-- ===== src/Clob/Holdings.antt =====
-- `positions` of clob.py: the outcome tokens of the trades, and how many shares of each are held.
pub mod Distinct
pub mod Ledger
pub mod Cost
use Prim.Native.Nat.{ℕ}
use pmt.Prelude.{
  String, Bool, true, false, Option, none, some, List, [], ◌∷◌, length, leb, if◌then◌else◌,
}
use pmt.Numeric.{Numeric, ◌<?◌}
use pmt.Dict.{Dict, lookup, insert}
use pmt.Clob.Session.{Response, Outcome, returned, failed, Session, sleep}
use pmt.Clob.Chain.{token_balance}

pub record Trade : Type 0 where
  pub asset_id : String
  pub outcome : String
  pub market : String

pub record Meta : Type 0 where
  pub outcome : String
  pub market : String

pub record Position (F : Type 0) : Type 0 where
  pub token_id : String
  pub outcome : String
  pub market : String
  pub shares : F

abbrev pub meta_of : Trade → Meta
meta_of t = record { outcome = t.outcome; market = t.market }

abbrev pub is_some {ℓ} : {A : Type ℓ} → Option A → Bool
is_some none = false
is_some (some a) = true

unfoldable pub note_trade : Trade → Dict Meta → Dict Meta
note_trade t token_meta =
    if is_some (lookup t.asset_id token_meta)
    then token_meta
    else insert t.asset_id (meta_of t) token_meta

-- The loop over the trades, which ends once there are `max_tokens` tokens.
unfoldable pub meta_loop : ℕ → List Trade → Dict Meta → Dict Meta
meta_loop max_tokens [] token_meta = token_meta
meta_loop max_tokens (t ∷ trades) token_meta =
    let rest = meta_loop max_tokens trades (note_trade t token_meta) in
    if leb max_tokens (length token_meta) then token_meta else rest

-- Before each token but the first the loop sleeps for 0.3 seconds.
abbrev pub throttle : Bool → Session → Session
throttle first s = if first then s else sleep 300 s

module _ {F : Type 0} ⦃f : Numeric F⦄ where
  -- What one balance adds: nothing where it could not be read, or is 0.01 or less.
  unfoldable pub holding : String → Meta → Outcome F → Option (Position F)
  holding token_id m (failed e) = none
  holding token_id m (returned balance) =
      if f.lit 1 2 <? balance
      then some
          (record { token_id = token_id; outcome = m.outcome; market = m.market; shares = balance })
      else none

  abbrev pub with_holding : Option (Position F) → List (Position F) → List (Position F)
  with_holding none positions = positions
  with_holding (some p) positions = p ∷ positions

  module _ (post : String → String → ℕ → Response) (funder : String) where
    unfoldable pub balance_loop : Bool → Dict Meta → Session → List (Position F) × Session
    balance_loop first [] s = ([], s)
    balance_loop first ((token_id, m) ∷ tokens) s =
        let (balance, t) = token_balance post funder token_id (throttle first s) in
        let (positions, u) = balance_loop false tokens t in
        (with_holding (holding token_id m balance) positions, u)

    -- The function of what `self.trades()` gives, the answer of py_clob_client. The session counts the
    -- requests to the node: neither those for the trades nor those for a token of the proxy.
    unfoldable pub positions : ℕ → List Trade → Session → List (Position F) × Session
    positions max_tokens trades s = balance_loop true (meta_loop max_tokens trades []) s
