-- ===== src/Clob/Rpc/Attempts.antt =====
-- How often a call is made, and with what result.
use Prim.Native.Nat.{zero, suc, ◌+◌, ◌*◌, ◌^◌, ◌<◌, ◌≤◌}
use Prim.Native.String.{◌++◌}
use mathlib.Core.Path.{subst}
use pmt.Prelude.{ℕ, String, ◌≡◌, refl, true, false, Option, none, some, inl, inr, arith, Bool-cases}
use pmt.Clob.Session.{
  Reply, RpcError, Response, unreachable, replied, Failure, request_exception, runtime_error,
  Outcome, returned, failed, Session, request, sleep,
}
use pmt.Clob.Rpc.{
  Round, ends, again, is_rate_limit, error_message, last_or, round, on_reply, on_result, on_error,
  next_round, try_calls, rpc_call,
}

-- A response that settles the call, with its outcome.
pub data Settles : Response → Outcome String → Type 0 where
  result :
      {reply : Reply} {r : String}
      → reply.error ≡ none
      → reply.result ≡ some r
      → Settles (replied reply) (returned r)
  no_result :
      {reply : Reply}
      → reply.error ≡ none
      → reply.result ≡ none
      → Settles
          (replied reply)
          (failed (runtime_error ("RPC response missing 'result': " ++ reply.text)))
  refused :
      {reply : Reply} {e : RpcError}
      → reply.error ≡ some e
      → is_rate_limit (error_message e) ≡ false
      → Settles (replied reply) (failed (runtime_error ("RPC error: " ++ error_message e)))

-- A response after which the call is made again, with the error that is kept.
pub data Retries : Response → Failure → Type 0 where
  unreached : {text : String} → Retries (unreachable text) (request_exception text)
  limited :
      {reply : Reply} {e : RpcError}
      → reply.error ≡ some e
      → is_rate_limit (error_message e) ≡ true
      → Retries (replied reply) (runtime_error ("RPC rate limited: " ++ error_message e))

-- What a round is, with a bound on the seconds of its sleep in the first three rounds.
pub data IsRound (attempt : ℕ) (r : Response) : Round → Type 0 where
  settled : {o : Outcome String} → Settles r o → IsRound attempt r (ends o)
  retried :
      {e : Failure} {seconds : ℕ}
      → Retries r e
      → (attempt < 3 → seconds ≤ 2 + attempt * 2)
      → IsRound attempt r (again e seconds)

power_bound : (attempt : ℕ) → attempt < 3 → 2 ^ attempt ≤ 2 + attempt * 2
power_bound zero h = omega arith
power_bound (suc zero) h = omega arith
power_bound (suc (suc zero)) h = omega arith
power_bound (suc (suc (suc n))) h = absurd (omega arith)

result-IsRound :
    (attempt : ℕ) (reply : Reply) (r : Option String)
    → reply.error ≡ none
    → reply.result ≡ r
    → IsRound attempt (replied reply) (on_result reply r)
unfolding on_result
result-IsRound attempt reply none h k = settled (no_result h k)
result-IsRound attempt reply (some r) h k = settled (result h k)

reply-IsRound :
    (attempt : ℕ) (reply : Reply) (error : Option RpcError)
    → reply.error ≡ error
    → IsRound attempt (replied reply) (on_reply attempt reply error)
unfolding on_reply on_error
reply-IsRound attempt reply none h = result-IsRound attempt reply reply.result h refl
reply-IsRound attempt reply (some e) h = elim (Bool-cases (is_rate_limit (error_message e))) [
  | inl l ↦ rw l (retried (limited h l) (λ b. omega arith))
  | inr l ↦ rw l (settled (refused h l))
]

pub round-IsRound : (attempt : ℕ) (r : Response) → IsRound attempt r (round attempt r)
unfolding round
round-IsRound attempt (unreachable text) = retried unreached (power_bound attempt)
round-IsRound attempt (replied reply) = reply-IsRound attempt reply reply.error refl

-- How a call ends that may still be made `left` times, the next one being the n-th request.
pub data IsServed (post : ℕ → Response) (n left : ℕ) (last : Option Failure)
    : Outcome String → Session → Type 0 where
  decided :
      {o : Outcome String} {s : Session} (k : ℕ)
      → k < left
      → ((j : ℕ) → j < k → (e : Failure) × Retries (post (n + j)) e)
      → Settles (post (n + k)) o
      → s.sent ≡ n + k + 1
      → IsServed post n left last o s
  exhausted :
      {e : Failure} {s : Session}
      → ((j : ℕ) → j < left → (e : Failure) × Retries (post (n + j)) e)
      → (left ≡ 0 → e ≡ last_or last)
      → (0 < left → (k : ℕ) × (left ≡ k + 1) × Retries (post (n + k)) e)
      → s.sent ≡ n + left
      → IsServed post n left last (failed e) s

module _ (post : ℕ → Response) where
  retried_at : (m n : ℕ) {e : Failure} → m ≡ n → Retries (post m) e → Retries (post n) e
  retried_at m n {e} h r = subst (λ k. Retries (post k) e) h r

  settled_at : (m n : ℕ) {o : Outcome String} → m ≡ n → Settles (post m) o → Settles (post n) o
  settled_at m n {o} h r = subst (λ k. Settles (post k) o) h r

  first_or_later :
      (n j : ℕ) {e : Failure}
      → Retries (post n) e
      → ((i : ℕ) → suc i ≡ j → (e : Failure) × Retries (post (suc n + i)) e)
      → (e : Failure) × Retries (post (n + j)) e
  first_or_later n zero {e} r later = (e, retried_at n (n + 0) (omega arith) r)
  first_or_later n (suc j) r later =
      let (e, q) = later j refl in (e, retried_at (suc n + j) (n + suc j) (omega arith) q)

  -- A call that is made again, and what follows.
  retried-IsServed :
      {n left : ℕ} {last : Option Failure} {e : Failure} {o : Outcome String} {s : Session}
      → Retries (post n) e
      → IsServed post (suc n) left (some e) o s
      → IsServed post n (suc left) last o s
  retried-IsServed {n} r (decided k h all q sent) =
      decided (suc k) (omega arith) (λ j b. first_or_later n j r (λ i g. all i (omega arith)))
        (settled_at (suc n + k) (n + suc k) (omega arith) q) (omega arith)
  retried-IsServed {n} {left = zero} {e} r (exhausted all none_left some_left sent) =
      exhausted (λ j b. first_or_later n j r (λ i g. all i (omega arith)))
        (λ g. absurd (omega arith))
        (λ g. (0, refl, retried_at n (n + 0) (omega arith) (rw (none_left refl) r))) (omega arith)
  retried-IsServed {n} {left = suc left} r (exhausted all none_left some_left sent) =
      exhausted (λ j b. first_or_later n j r (λ i g. all i (omega arith)))
        (λ g. absurd (omega arith))
        (λ g.
          let (k, h, q) = some_left (omega arith) in
          (suc k, omega arith, retried_at (suc n + k) (n + suc k) (omega arith) q))
        (omega arith)

module _ (post : String → String → ℕ → Response) (to call_data : String) where
  next-IsServed :
      {attempt left n : ℕ} {last : Option Failure} (s : Session)
      (rest : Option Failure → Session → Outcome String × Session) {r : Round}
      → s.sent ≡ suc n
      → IsRound attempt (post to call_data n) r
      → ((e : Failure) (t : Session)
          → t.sent ≡ suc n
          → IsServed
              (post to call_data)
              (suc n)
              left
              (some e)
              (rest (some e) t).0
              (rest (some e) t).1)
      → IsServed
          (post to call_data)
          n
          (suc left)
          last
          (next_round r rest s).0
          (next_round r rest s).1
  next-IsServed {n} s rest h (settled q) ih =
      decided 0 (omega arith) (λ j b. absurd (omega arith))
        (settled_at (post to call_data) n (n + 0) (omega arith) q) (omega arith)
  next-IsServed s rest h (retried {e} {seconds} q b) ih =
      retried-IsServed (post to call_data) q (ih e (sleep (seconds * 1000) s) h)

  pub try_calls-IsServed :
      (left attempt : ℕ) (last : Option Failure) (s : Session)
      → IsServed
          (post to call_data)
          s.sent
          left
          last
          (try_calls post to call_data left attempt last s).0
          (try_calls post to call_data left attempt last s).1
  unfolding try_calls
  try_calls-IsServed zero attempt last s =
      exhausted (λ j b. absurd (omega arith)) (λ e. refl) (λ b. absurd (omega arith)) (omega arith)
  try_calls-IsServed (suc left) attempt last s =
      next-IsServed (request s) (try_calls post to call_data left (suc attempt)) refl
        (round-IsRound attempt (post to call_data s.sent))
        (λ e t g.
          subst
            (λ n.
              IsServed (post to call_data) n left (some e)
                (try_calls post to call_data left (suc attempt) (some e) t).0
                (try_calls post to call_data left (suc attempt) (some e) t).1)
            g (try_calls-IsServed left (suc attempt) (some e) t))

  -- A call of `retries` rounds either ends with the first response that is no reason to try again,
  -- the (k + 1)-th after k that are, and with the outcome that this response gives; or all
  -- `retries` responses are reasons to try again, and it fails with the error of the last one. Each
  -- round sends one request.
  pub rpc_call-IsServed :
      (retries : ℕ) (s : Session)
      → IsServed
          (post to call_data)
          s.sent
          retries
          none
          (rpc_call post to call_data retries s).0
          (rpc_call post to call_data retries s).1
  unfolding rpc_call
  rpc_call-IsServed retries s = try_calls-IsServed retries 0 none s
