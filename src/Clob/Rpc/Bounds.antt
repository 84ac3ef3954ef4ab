-- ===== src/Clob/Rpc/Bounds.antt =====
-- How many requests a call sends, and how long it sleeps.
use Prim.Native.Nat.{zero, suc, ◌+◌, ◌*◌, ◌<◌, ◌≤◌}
use pmt.Prelude.{ℕ, String, Option, none, some, arith}
use pmt.Clob.Session.{Response, Failure, Outcome, Session, request, sleep}
use pmt.Clob.Rpc.{Round, next_round, try_calls, rpc_call}
use pmt.Clob.Rpc.Attempts.{
  IsRound, settled, retried, round-IsRound, IsServed, decided, exhausted, try_calls-IsServed,
}

-- The milliseconds that `left` rounds may sleep, from the round `attempt`.
budget : ℕ → ℕ → ℕ
budget zero attempt = 0
budget (suc left) attempt = (2 + attempt * 2) * 1000 + budget left (suc attempt)

module _ (post : String → String → ℕ → Response) (to call_data : String) where
  next-slept :
      {attempt n : ℕ} (left : ℕ) (s : Session)
      (rest : Option Failure → Session → Outcome String × Session) {r : Round}
      → attempt < 3
      → IsRound attempt (post to call_data n) r
      → ((e : Failure) (t : Session)
          → (rest (some e) t).1.slept ≤ t.slept + budget left (suc attempt))
      → (next_round r rest s).1.slept ≤ s.slept + budget (suc left) attempt
  unfolding budget
  next-slept left s rest h (settled q) ih = omega arith
  next-slept left s rest h (retried {e} {seconds} q b) ih =
      omega (arith, ih e (sleep (seconds * 1000) s), b h)

  try_calls-slept :
      (left attempt : ℕ) (last : Option Failure) (s : Session)
      → attempt + left ≤ 3
      → (try_calls post to call_data left attempt last s).1.slept ≤ s.slept + budget left attempt
  unfolding try_calls budget
  try_calls-slept zero attempt last s h = omega arith
  try_calls-slept (suc left) attempt last s h =
      next-slept left (request s) (try_calls post to call_data left (suc attempt)) (omega arith)
        (round-IsRound attempt (post to call_data s.sent))
        (λ e t. try_calls-slept left (suc attempt) (some e) t (omega arith))

  served_sent :
      {n left : ℕ} {last : Option Failure} {o : Outcome String} {s : Session}
      → IsServed (post to call_data) n left last o s
      → s.sent ≤ n + left
  served_sent (decided k h all q sent) = omega arith
  served_sent (exhausted all none_left some_left sent) = omega arith

  -- A call of three rounds, the default, sends at most three requests and sleeps for at most twelve
  -- seconds, whatever the server answers.
  pub rpc_call-IsBounded :
      (s : Session)
      → ((rpc_call post to call_data 3 s).1.sent ≤ s.sent + 3)
        × ((rpc_call post to call_data 3 s).1.slept ≤ s.slept + 12000)
  unfolding rpc_call budget
  rpc_call-IsBounded s = (
    served_sent (try_calls-IsServed post to call_data 3 0 none s),
    try_calls-slept 3 0 none s (omega arith),
  )
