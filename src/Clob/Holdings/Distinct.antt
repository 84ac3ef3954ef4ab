-- ===== src/Clob/Holdings/Distinct.antt =====
-- Which tokens are looked up.
use Prim.Native.Nat.{zero, suc, ◌-◌, ◌≤◌}
use text.Mathlib.Text.{◌==◌}
use mathlib.Core.List.{append-nil}
use pmt.Prelude.{
  ℕ, String, Bool, true, false, ◌≡◌, refl, ap, ◌∙◌, List, [], ◌∷◌, ◌++◌, take, length, leb,
  length-append, append_assoc, if◌then◌else◌, ◌||◌, arith, Bool-cases, inl, inr,
}
use pmt.Dict.{Dict, lookup, insert}
use pmt.Dict.Laws.{found_after_insert}
use pmt.Clob.Holdings.{Trade, Meta, meta_of, is_some, note_trade, meta_loop}

-- The first trade of each token, apart from those that have been seen.
pub firsts : (String → Bool) → List Trade → Dict Meta
firsts seen [] = []
firsts seen (t ∷ trades) =
    let rest = firsts (λ id. t.asset_id == id || seen id) trades in
    let others = firsts seen trades in
    if seen t.asset_id then others else (t.asset_id, meta_of t) ∷ rest

insert_new :
    (key : String) (m : Meta) (d : Dict Meta)
    → is_some (lookup key d) ≡ false
    → insert key m d ≡ d ++ ((key, m) ∷ [])
unfolding insert lookup
insert_new key m [] h = refl
insert_new key m ((k, v) ∷ d) h = elim (Bool-cases (k == key)) [
  | inl e ↦ absurd (ground arith)
  | inr e ↦ rw e (ap (λ t. (k, v) ∷ t) (insert_new key m d (rw e at h)))
]

seen_after_insert :
    (key id : String) (m : Meta) (d : Dict Meta)
    → is_some (lookup id (insert key m d)) ≡ (key == id || is_some (lookup id d))
seen_after_insert key id m d = rw (found_after_insert d id key m) (ground arith)

take-nil : {A : Type 0} (n : ℕ) → take {A = A} n [] ≡ []
take-nil zero = refl
take-nil (suc n) = refl

full_length : (m n : ℕ) → leb m n ≡ true → m - n ≡ 0
full_length m n h = ground arith

room_length : (m n : ℕ) → leb m n ≡ false → m - n ≡ suc (m - suc n)
room_length m n h = ground arith

module _ (t : Trade) (d : Dict Meta) (new : is_some (lookup t.asset_id d) ≡ false) where
  length_of_added : length (insert t.asset_id (meta_of t) d) ≡ suc (length d)
  length_of_added =
      ap length (insert_new t.asset_id (meta_of t) d new)
      ∙ omega (arith, length-append d ((t.asset_id, meta_of t) ∷ []))

  added_length : {n : ℕ} → suc (length d) ≤ n → length (insert t.asset_id (meta_of t) d) ≤ n
  added_length h = omega (arith, length_of_added)

  added :
      (n : ℕ) (rest : Dict Meta)
      → insert t.asset_id (meta_of t) d ++ take (n - length (insert t.asset_id (meta_of t) d)) rest
        ≡ d ++ ((t.asset_id, meta_of t) ∷ take (n - suc (length d)) rest)
  added n rest =
      rw (length_of_added, insert_new t.asset_id (meta_of t) d new)
        (append_assoc d ((t.asset_id, meta_of t) ∷ []) (take (n - suc (length d)) rest))

meta_loop-firsts :
    (max_tokens : ℕ) (trades : List Trade) (d : Dict Meta) (seen : String → Bool)
    → length d ≤ max_tokens
    → ((id : String) → is_some (lookup id d) ≡ seen id)
    → meta_loop max_tokens trades d ≡ d ++ take (max_tokens - length d) (firsts seen trades)
unfolding meta_loop firsts note_trade
meta_loop-firsts max_tokens [] d seen h same =
    rw (take-nil (max_tokens - length d), append-nil d) refl
meta_loop-firsts max_tokens (t ∷ trades) d seen h same =
    elim (Bool-cases (leb max_tokens (length d))) [
      | inl full ↦ rw (full, full_length max_tokens (length d) full, append-nil d) refl
      | inr room ↦ rw room (elim (Bool-cases (seen t.asset_id)) [
        | inl old ↦ rw (same t.asset_id, old) (meta_loop-firsts max_tokens trades d seen h same)
        | inr new ↦
            rw (same t.asset_id, new, room_length max_tokens (length d) room)
              (meta_loop-firsts max_tokens trades (insert t.asset_id (meta_of t) d)
                  (λ id. t.asset_id == id || seen id)
                  (added_length t d (same t.asset_id ∙ new) (ground arith))
                  (λ id.
                    seen_after_insert t.asset_id id (meta_of t) d
                    ∙ ap (λ b. t.asset_id == id || b) (same id))
                ∙ added t d (same t.asset_id ∙ new) _ _)
      ])
    ]

-- The tokens that `positions` looks up are those of the first trades of the different tokens, in the
-- order of the trades, up to `max_tokens` of them: the loop that collects them has that result.
pub meta_loop-take :
    (max_tokens : ℕ) (trades : List Trade)
    → meta_loop max_tokens trades [] ≡ take max_tokens (firsts (λ id. false) trades)
unfolding lookup
meta_loop-take max_tokens trades =
    meta_loop-firsts max_tokens trades [] (λ id. false) (omega arith) (λ id. refl)
    ∙ ap (λ n. take n (firsts (λ id. false) trades)) (omega arith)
☆ ☆ ☆ ☆ ☆ ☆ ☆
Everything from the line with "next-slept left s rest h (retried" through the line with "try_calls-slept (suc left)" should be written out exactly as it appears above, end lines included, and nothing outside that range.

  next-slept left s rest h (retried {e} {seconds} q b) ih =
      omega (arith, ih e (sleep (seconds * 1000) s), b h)

  try_calls-slept :
      (left attempt : ℕ) (last : Option Failure) (s : Session)
      → attempt + left ≤ 3
      → (try_calls post to call_data left attempt last s).1.slept ≤ s.slept + budget left attempt
  unfolding try_calls budget
  try_calls-slept zero attempt last s h = omega arith
  try_calls-slept (suc left) attempt last s h =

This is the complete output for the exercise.